Wednesday, December 08, 2004
The economic headwinds of 2005
Posted by David Smith at 09:25 PM
Category: David Smith' s magazine articles

Whenever I talk to audiences about the UK economy, particularly younger ones, I find it necessary to remind them that it has not always been like this. Such as been the stability of recent years that, not only do I have to pinch myself to be sure it is not a dream, but the memories of the wild volatility of the past start to fade, even for me.

Thus, the economy has grown consistently, quarter-on-quarter, since as long ago as the spring of 1992. By next spring, barring accidents, the recovery will have been in place for 13 years. Thinking about it in terms of the lengths of parliaments – assuming we have a general election about then – the upturn will have lasted three. Put another way, the Tories still had another five years to run in government when the economy emerged from its last recession.

This success is not purely a New Labour phenomenon. The current long run of growth was well-established well before Gordon Brown took the helms at the Treasury, although the Conservatives and Kenneth Clarke were unable to take political advantage of it.

The current run of growth is, as the chancellor keeps reminding us, the longest since quarterly records began in the 1950s, and since annual records started 200 years ago. It is likely, given the natural volatility of the economy in pre-industrial days (the vagaries of climate and harvests) that we are living in the most enduring recovery ever.

Not only that, but it has been combined with stubbornly low inflation. When the Conservative government, in the guise of Norman Lamont, Clarke’s predecessor, gave us an inflation target in the autumn of 1992, it was well chosen. The target was for 1% to 4% inflation on the retail prices index (excluding mortgages). Since then, while the target measure has recently changed, inflation has averaged within a whisker of 2.5%, bang in the middle. Britain’s formerly recession-prone, inflation-prone economy has changed its ways.

The question, as we look into 2005, is whether it can last. In theory, the answer should be straightforward enough. With each quarter, and each year, of economic stability, it becomes more ingrained. This is important. If businesses and consumers think that in general things will turn out fine, and have the confidence to take decisions on that basis, there is a good chance that, indeed, things will turn out fine.

The alternative argument, of course, is that the longer it goes on, the greater the risk that the economy’s run of luck will come to an end. So what are the risks for 2005?

The first set of risks relates to the global economy. Terrorism, global economic imbalances, China’s overheating, and Europe’s sluggish performance are ever-present dangers. The biggest uncertainty, however, emanates from oil prices, which rose to more than $50 a barrel in the autumn.

This is uncharted territory. Oil prices have been higher than this in real terms before, most notably in the early 1980s. Advanced economies are less oil-sensitive than they were in the past, because of the decline of heavy, energy-intensive industries and the rise of more energy-efficient vehicles (although this is offset by the rise in vehicle numbers). That should mean that the effects of high oil prices are to dampen global growth rather than bring it shuddering to a halt. But the risk is of something worse.

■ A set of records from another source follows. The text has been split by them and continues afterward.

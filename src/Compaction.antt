-- ===== src/Compaction.antt =====
-- packages/adapters/src/history-compaction.ts: the summary that stands for the old messages of a
-- thread. A job reads the thread and a batch of messages (Plan), has a model summarise them
-- (Transcripts), and advances the thread's cursor if no one else has moved it meanwhile (Job). A run
-- reads the summary and the messages after it (Select).
pub mod Plan
pub mod Transcripts
pub mod Job
pub mod Budget
pub mod Cover
pub mod Race
pub mod Origin
pub mod Advance
pub mod Cleared
pub mod Select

Nearer to home, the second big risk relates to house prices and debt. For several months now the Bank of England and others have been working hard to argue that a fall in house prices would not be devastating for the economy. Consumer spending and house-price inflation are linked, but not mechanically. Consumers will carry on, the argument goes, even if there is a crash in housing values.

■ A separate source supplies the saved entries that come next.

-- ===== src/Prelude/Pairs.antt =====
-- Predicates on all elements of a list and on all its pairs, kept by filters and by reversal.
use mathlib.Core.Path.{◌≡◌, refl, sym, subst}
use mathlib.Core.Logic.{inl, inr}
use mathlib.Core.Bool.{Bool, true, false}
use mathlib.Core.List.{List, [], ◌∷◌, ◌++◌, reverse, reverse-cons, append-nil}
use Prim.Native.Nat.{ℕ, zero, suc}
use native.Mathlib.Omega.{arith}
use grok_bot_v.Prelude.Tests.{if◌then◌else◌, Bool-cases}
use grok_bot_v.Prelude.Lists.{All, In, here, there, In-cons, In-append, take}
use grok_bot_v.Prelude.Rows.{keep}

module _ {ℓ κ} {A : Type ℓ} (P : A → Type κ) where
  pub All-append : (xs ys : List A) → All P xs → All P ys → All P (xs ++ ys)
  All-append [] ys h k = k
  All-append (x ∷ xs) ys h k = (h.0, All-append xs ys h.1 k)

  pub All-of : (xs : List A) → ((x : A) → In x xs → P x) → All P xs
  All-of [] h = tt
  All-of (x ∷ xs) h = (h x (here refl), All-of xs (λ y i. h y (there i)))

  pub All-In : (xs : List A) {x : A} → All P xs → In x xs → P x
  All-In [] h i = elim i [ ]
  All-In (x ∷ xs) h (here e) = subst P e h.0
  All-In (x ∷ xs) h (there i) = All-In xs h.1 i

  pub All-keep : (p : A → Bool) (xs : List A) → All P xs → All P (keep p xs)
  All-keep p [] h = tt
  All-keep p (x ∷ xs) h = elim (Bool-cases (p x)) [
    | inl hit ↦ rw hit (h.0, All-keep p xs h.1)
    | inr miss ↦ rw miss (All-keep p xs h.1)
  ]

module _ {ℓ κ} {A : Type ℓ} (R : A → A → Type κ) where
  -- Every element stands in the relation to each later one.
  abbrev pub Pairs : List A → Type κ
  Pairs [] = Unit
  Pairs (x ∷ xs) = All (R x) xs × Pairs xs

  pub Pairs-keep : (p : A → Bool) (xs : List A) → Pairs xs → Pairs (keep p xs)
  Pairs-keep p [] h = tt
  Pairs-keep p (x ∷ xs) h = elim (Bool-cases (p x)) [
    | inl hit ↦ rw hit (All-keep (R x) p xs h.0, Pairs-keep p xs h.1)
    | inr miss ↦ rw miss (Pairs-keep p xs h.1)
  ]

  pub Pairs-append_last :
      (xs : List A) (y : A) → Pairs xs → All (λ x. R x y) xs → Pairs (xs ++ y ∷ [])
  Pairs-append_last [] y h k = (tt, tt)
  Pairs-append_last (x ∷ xs) y h k =
      (All-append (R x) xs (y ∷ []) h.0 (k.0, tt), Pairs-append_last xs y h.1 k.1)

module _ {ℓ} {A : Type ℓ} where
  pub In-reverse : (xs : List A) {y : A} → In y (reverse xs) → In y xs
  In-reverse [] i = i
  In-reverse (x ∷ xs) {y} i =
      elim (In-append (reverse xs) (x ∷ [])
        (subst (λ (l : List A). In y l) (reverse-cons x xs) i)) [
          | inl m ↦ there (In-reverse xs m)
          | inr m ↦ elim (In-cons m) [ inl e ↦ here e | inr never ↦ elim never [ ] ]
        ]

  pub In-take : (n : ℕ) (xs : List A) {y : A} → In y (take n xs) → In y xs
  In-take zero xs i = elim i [ ]
  In-take (suc n) [] i = elim i [ ]
  In-take (suc n) (x ∷ xs) (here e) = here e
  In-take (suc n) (x ∷ xs) (there i) = there (In-take n xs i)

  abbrev pub tail : List A → List A
  tail [] = []
  tail (x ∷ xs) = xs

  pub keep-append : (p : A → Bool) (xs ys : List A) → keep p (xs ++ ys) ≡ keep p xs ++ keep p ys
  keep-append p [] ys = refl
  keep-append p (x ∷ xs) ys = elim (Bool-cases (p x)) [
    | inl hit ↦ rw (hit, keep-append p xs ys) refl
    | inr miss ↦ rw (miss, keep-append p xs ys) refl
  ]

  pub keep-All : (p : A → Bool) (xs : List A) → All (λ x. p x ≡ true) xs → keep p xs ≡ xs
  keep-All p [] h = refl
  keep-All p (x ∷ xs) h = rw (h.0, keep-All p xs h.1) refl

  pub keep-keep :
      (p q r : A → Bool) (xs : List A)
      → ((x : A) → (if q x then p x else false) ≡ r x)
      → keep p (keep q xs) ≡ keep r xs
  keep-keep p q r [] h = refl
  keep-keep p q r (x ∷ xs) h = ground (arith, h x, keep-keep p q r xs h)

module _ {ℓ κ} {A : Type ℓ} (R : A → A → Type κ) where
  pub Pairs-reverse : (xs : List A) → Pairs (λ a b. R b a) xs → Pairs R (reverse xs)
  Pairs-reverse [] h = tt
  Pairs-reverse (x ∷ xs) h = rw (reverse-cons x xs) (
      Pairs-append_last R (reverse xs) x (Pairs-reverse xs h.1)
        (All-of (λ y. R y x) (reverse xs) (λ y i. All-In (λ y. R y x) xs h.0 (In-reverse xs i))))

module _ {ℓ} {A : Type ℓ} where
  pub keep-reverse : (p : A → Bool) (xs : List A) → keep p (reverse xs) ≡ reverse (keep p xs)
  keep-reverse p [] = refl
  keep-reverse p (x ∷ xs) = elim (Bool-cases (p x)) [
    | inl hit ↦
        rw (reverse-cons x xs, keep-append p (reverse xs) (x ∷ []), keep-reverse p xs, hit)
          (sym (reverse-cons x (keep p xs)))
    | inr miss ↦
        rw (reverse-cons x xs, keep-append p (reverse xs) (x ∷ []), keep-reverse p xs, miss)
          (append-nil _)
  ]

My view remains that there will not be a crash, although we have already entered what could be a long period of housing stagnation, necessary if incomes are to “catch up” and reduce the extent of the property market’s overvaluation. Housing stagnation is consistent with slower growth in spending by individuals.

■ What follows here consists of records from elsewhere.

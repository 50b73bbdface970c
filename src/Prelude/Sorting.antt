-- ===== src/Prelude/Sorting.antt =====
-- Lists in the order of a numeric key: insertion sort, which stands for `ORDER BY key`, and what it
-- keeps. A descending order is the reverse, since no two of the rows sorted share their key.
use Prim.Native.Nat.{ℕ, zero, suc, ◌+◌, ◌≤◌, ◌<◌}
use mathlib.Core.Path.{◌≡◌, refl, sym, ap, ◌∙◌, subst}
use mathlib.Core.Logic.{◌≢◌, inl, inr}
use mathlib.Core.Bool.{Bool, true, false}
use mathlib.Core.List.{List, [], ◌∷◌, ◌++◌, reverse, reverse-cons, reverse-reverse}
use native.Mathlib.Omega.{arith}
use grok_bot_v.Prelude.Tests.{if◌then◌else◌, ltb, leb, Bool-cases}
use grok_bot_v.Prelude.Lists.{All, In, here, there, In-cons, In-append_right, take, drop}
use grok_bot_v.Prelude.Rows.{keep}
use grok_bot_v.Prelude.Pairs.{All-In, All-of, All-keep, Pairs, In-take, tail, keep-All}

module _ {ℓ} {A : Type ℓ} (key : A → ℕ) where
  abbrev pub insert_by : A → List A → List A
  insert_by x [] = x ∷ []
  insert_by x (y ∷ ys) = if leb (key x) (key y) then x ∷ y ∷ ys else y ∷ insert_by x ys

  abbrev pub sort_by : List A → List A
  sort_by [] = []
  sort_by (x ∷ xs) = insert_by x (sort_by xs)

  abbrev pub Ascends : List A → Type 0
  Ascends = Pairs (λ a b. key a < key b)

  abbrev pub Descends : List A → Type 0
  Descends = Pairs (λ a b. key b < key a)

  abbrev pub Distinct : List A → Type 0
  Distinct = Pairs (λ a b. key a ≢ key b)

  pub All-insert_by {κ} :
      (P : A → Type κ) (x : A) (ys : List A) → P x → All P ys → All P (insert_by x ys)
  All-insert_by P x [] h k = (h, tt)
  All-insert_by P x (y ∷ ys) h k = elim (Bool-cases (leb (key x) (key y))) [
    | inl le ↦ rw le (h, k)
    | inr gt ↦ rw gt (k.0, All-insert_by P x ys h k.1)
  ]

  pub All-sort_by {κ} : (P : A → Type κ) (xs : List A) → All P xs → All P (sort_by xs)
  All-sort_by P [] h = tt
  All-sort_by P (x ∷ xs) h = All-insert_by P x (sort_by xs) h.0 (All-sort_by P xs h.1)

  All-below :
      (x : A) (ys : List A) → All (λ b. key b < key x) ys → All (λ b. ltb (key b) (key x) ≡ true) ys
  All-below x [] h = tt
  All-below x (y ∷ ys) h = (ground (arith, h.0), All-below x ys h.1)

  All-from :
      (lo : ℕ) (z : A) (zs : List A)
      → lo ≤ key z
      → All (λ b. key z < key b) zs
      → All (λ b. suc lo ≤ key b) zs
  All-from lo z [] le h = tt
  All-from lo z (y ∷ ys) le h = (omega (arith, h.0), All-from lo z ys le h.1)

  All-above :
      (x y : A) (ys : List A)
      → key x < key y
      → All (λ b. key y < key b) ys
      → All (λ b. key x < key b) ys
  All-above x y [] lt h = tt
  All-above x y (z ∷ zs) lt h = (omega (arith, h.0), All-above x y zs lt h.1)

  Ascends-insert_by :
      (x : A) (ys : List A) → All (λ b. key x ≢ key b) ys → Ascends ys → Ascends (insert_by x ys)
  Ascends-insert_by x [] new h = (tt, tt)
  Ascends-insert_by x (y ∷ ys) new h = elim (Bool-cases (leb (key x) (key y))) [
    | inl le ↦
        let lt : key x < key y = ground (arith, new.0) in rw le ((lt, All-above x y ys lt h.0), h)
    | inr gt ↦ rw gt (
      All-insert_by (λ b. key y < key b) x ys (ground arith) h.0,
      Ascends-insert_by x ys new.1 h.1,
    )
  ]

  -- Rows with distinct keys are sorted into a strictly rising order.
  pub Ascends-sort_by : (xs : List A) → Distinct xs → Ascends (sort_by xs)
  Ascends-sort_by [] h = tt
  Ascends-sort_by (x ∷ xs) h =
      Ascends-insert_by x (sort_by xs) (All-sort_by (λ b. key x ≢ key b) xs h.0)
        (Ascends-sort_by xs h.1)

  pub In-insert_by : (x : A) (ys : List A) {z : A} → In z (x ∷ ys) → In z (insert_by x ys)
  In-insert_by x [] i = i
  In-insert_by x (y ∷ ys) i = elim (Bool-cases (leb (key x) (key y))) [
    | inl le ↦ rw le i
    | inr gt ↦ rw gt (elim (In-cons i) [
      | inl same ↦ there (In-insert_by x ys (here same))
      | inr rest ↦ elim (In-cons rest) [
        | inl this ↦ here this
        | inr later ↦ there (In-insert_by x ys (there later))
      ]
    ])
  ]

  pub In-sort_by : (xs : List A) {z : A} → In z xs → In z (sort_by xs)
  In-sort_by [] i = elim i [ ]
  In-sort_by (x ∷ xs) (here same) = In-insert_by x (sort_by xs) (here same)
  In-sort_by (x ∷ xs) (there i) = In-insert_by x (sort_by xs) (there (In-sort_by xs i))

  pub In-unsorted : (xs : List A) {z : A} → In z (sort_by xs) → In z xs
  In-unsorted xs i =
      All-In (λ z. In z xs) (sort_by xs)
        (All-sort_by (λ z. In z xs) xs (All-of (λ z. In z xs) xs (λ z j. j))) i

  insert_by-least : (x : A) (ys : List A) → All (λ b. key x < key b) ys → insert_by x ys ≡ x ∷ ys
  insert_by-least x [] h = refl
  insert_by-least x (y ∷ ys) h =
      let le : leb (key x) (key y) ≡ true = ground (arith, h.0) in rw le refl

  insert_by-keep :
      (p : A → Bool) (x : A) (ys : List A)
      → All (λ b. key x ≢ key b) ys
      → Ascends ys
      → keep p (insert_by x ys) ≡ (if p x then insert_by x (keep p ys) else keep p ys)
  insert_by-keep p x [] new h = refl
  insert_by-keep p x (y ∷ ys) new h = elim (Bool-cases (leb (key x) (key y))) [
    | inl le ↦
        let lt : key x < key y = ground (arith, new.0) in
        let all : All (λ b. key x < key b) (y ∷ ys) = (lt, All-above x y ys lt h.0) in
        let least =
          insert_by-least x (keep p (y ∷ ys)) (All-keep (λ b. key x < key b) p (y ∷ ys) all) in
        rw le (elim (Bool-cases (p x)) [ inl hit ↦ rw hit (sym least) | inr miss ↦ rw miss refl ])
    | inr gt ↦
        rw (gt, insert_by-keep p x ys new.1 h.1)
          (elim (Bool-cases (p x)) [
            | inl hit ↦ rw hit (elim (Bool-cases (p y)) [
              | inl also ↦ rw (also, gt) refl
              | inr differs ↦ rw differs refl
            ])
            | inr miss ↦ rw miss refl
          ])
  ]

  -- A filter of the rows and a filter of the sorted rows give the same.
  pub sort_by-keep :
      (p : A → Bool) (xs : List A) → Distinct xs → sort_by (keep p xs) ≡ keep p (sort_by xs)
  sort_by-keep p [] h = refl
  sort_by-keep p (x ∷ xs) h =
      let step =
        insert_by-keep p x (sort_by xs) (All-sort_by (λ b. key x ≢ key b) xs h.0)
          (Ascends-sort_by xs h.1) in
      elim (Bool-cases (p x)) [
        | inl hit ↦ rw (hit, step, hit, sort_by-keep p xs h.1) refl
        | inr miss ↦ rw (miss, step, miss, sort_by-keep p xs h.1) refl
      ]

  below_self :
      (x : A) (xs : List A)
      → All (λ b. key b < key x) xs
      → keep (λ b. ltb (key b) (key x)) (x ∷ xs) ≡ xs
  below_self x xs h =
      let out : ltb (key x) (key x) ≡ false = ground arith in
      rw out (keep-All (λ b. ltb (key b) (key x)) xs (All-below x xs h))

  keep-below_end :
      (n : ℕ) (xs : List A) (x : A) (ys : List A)
      → Descends xs
      → take (suc n) xs ≡ ys ++ x ∷ []
      → keep (λ b. ltb (key b) (key x)) xs ≡ drop (suc n) xs
  keep-below_end n [] x ys h e = refl
  keep-below_end zero (z ∷ zs) x [] h e =
      let same : z ≡ x = cc in
      subst (λ (w : A). keep (λ b. ltb (key b) (key w)) (z ∷ zs) ≡ zs) same (below_self z zs h.0)
  keep-below_end zero (z ∷ zs) x (w ∷ []) h e = cc
  keep-below_end zero (z ∷ zs) x (w ∷ v ∷ ws) h e = cc
  keep-below_end (suc n) (z ∷ []) x [] h e =
      let same : z ≡ x = cc in
      subst (λ (w : A). keep (λ b. ltb (key b) (key w)) (z ∷ []) ≡ []) same (below_self z [] tt)
  keep-below_end (suc n) (z ∷ y ∷ zs) x [] h e = cc
  keep-below_end (suc n) (z ∷ zs) x (w ∷ ws) h e =
      let rest : take (suc n) zs ≡ ws ++ x ∷ [] = ap tail e in
      let last : In x (take (suc n) zs) =
        subst (λ (l : List A). In x l) (sym rest) (In-append_right ws (here refl)) in
      let lt : key x < key z = All-In (λ b. key b < key z) zs h.0 (In-take (suc n) zs last) in
      let out : ltb (key z) (key x) ≡ false = ground arith in
      rw out (keep-below_end n zs x ws h.1 rest)

  -- Of descending rows, those below the last of the first n are what comes after the first n.
  pub keep-below_last :
      (n : ℕ) (xs : List A) (x : A) (ys : List A)
      → Descends xs
      → reverse (take (suc n) xs) ≡ x ∷ ys
      → keep (λ b. ltb (key b) (key x)) xs ≡ drop (suc n) xs
  keep-below_last n xs x ys h e =
      keep-below_end n xs x (reverse ys) h
        (sym (reverse-reverse (take (suc n) xs)) ∙ ap reverse e ∙ reverse-cons x ys)

  -- A row whose key is less than n beyond a bound is among the first n of the rows from there on.
  pub In-take_window :
      (n lo : ℕ) (xs : List A) {x : A}
      → Ascends xs
      → All (λ b. lo ≤ key b) xs
      → In x xs
      → key x < lo + n
      → In x (take n xs)
  In-take_window zero lo xs {x} up from i lt =
      absurd (omega (arith, All-In (λ b. lo ≤ key b) xs from i))
  In-take_window (suc n) lo [] up from i lt = elim i [ ]
  In-take_window (suc n) lo (z ∷ zs) up from (here e) lt = here e
  In-take_window (suc n) lo (z ∷ zs) {x} up from (there i) lt =
      there (In-take_window n (suc lo) zs up.1 (All-from lo z zs from.0 up.0) i (omega arith))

But could it be worse? The virtuous circle supporting housing has been one of low interest rates and a strong job market. Remove those props and things could look rather different. Interest rates have already risen significantly. How strong is the underlying picture in the job market?

This, conveniently, brings me to my third point. Fiscal policy in Britain under Brown has fallen neatly into two halves. For the first three years after 1997, when the economy was benefiting from the 1990s’ global boom, he ran a tight ship, keeping public spending under control. After that, however, things changed.

As the global economy slowed, and America slipped into recession, the chancellor’s big relaxation of spending, particularly directed towards the National Health Service but also affecting other public services, came through. That has been the story for the past four years, and the effect has been to add to growth, and transform what would have been a dull job market picture into something very buoyant.

That will change this year. Slower growth in public spending will coincide with a tougher attitude on public sector recruitment, with some 80,000 (net) civil service jobs due to bite the dust.

That is not the only fiscal policy question. There is still a big debate about whether taxes need to rise to pay for past spending increases, and that will become clearer after the general election. Even without new taxes, some fear the damage has been done. Derek Scott, for 10 years Tony Blair’s economic adviser, believes higher taxes and the re-regulation of the economy under Labour will soon begin to have a serious impact on growth.

The headwinds are there. The likelihood is that in a year’s time we will look back on another year of this remarkable recovery. But we might also look back and conclude that it was more disappointing than it might have been.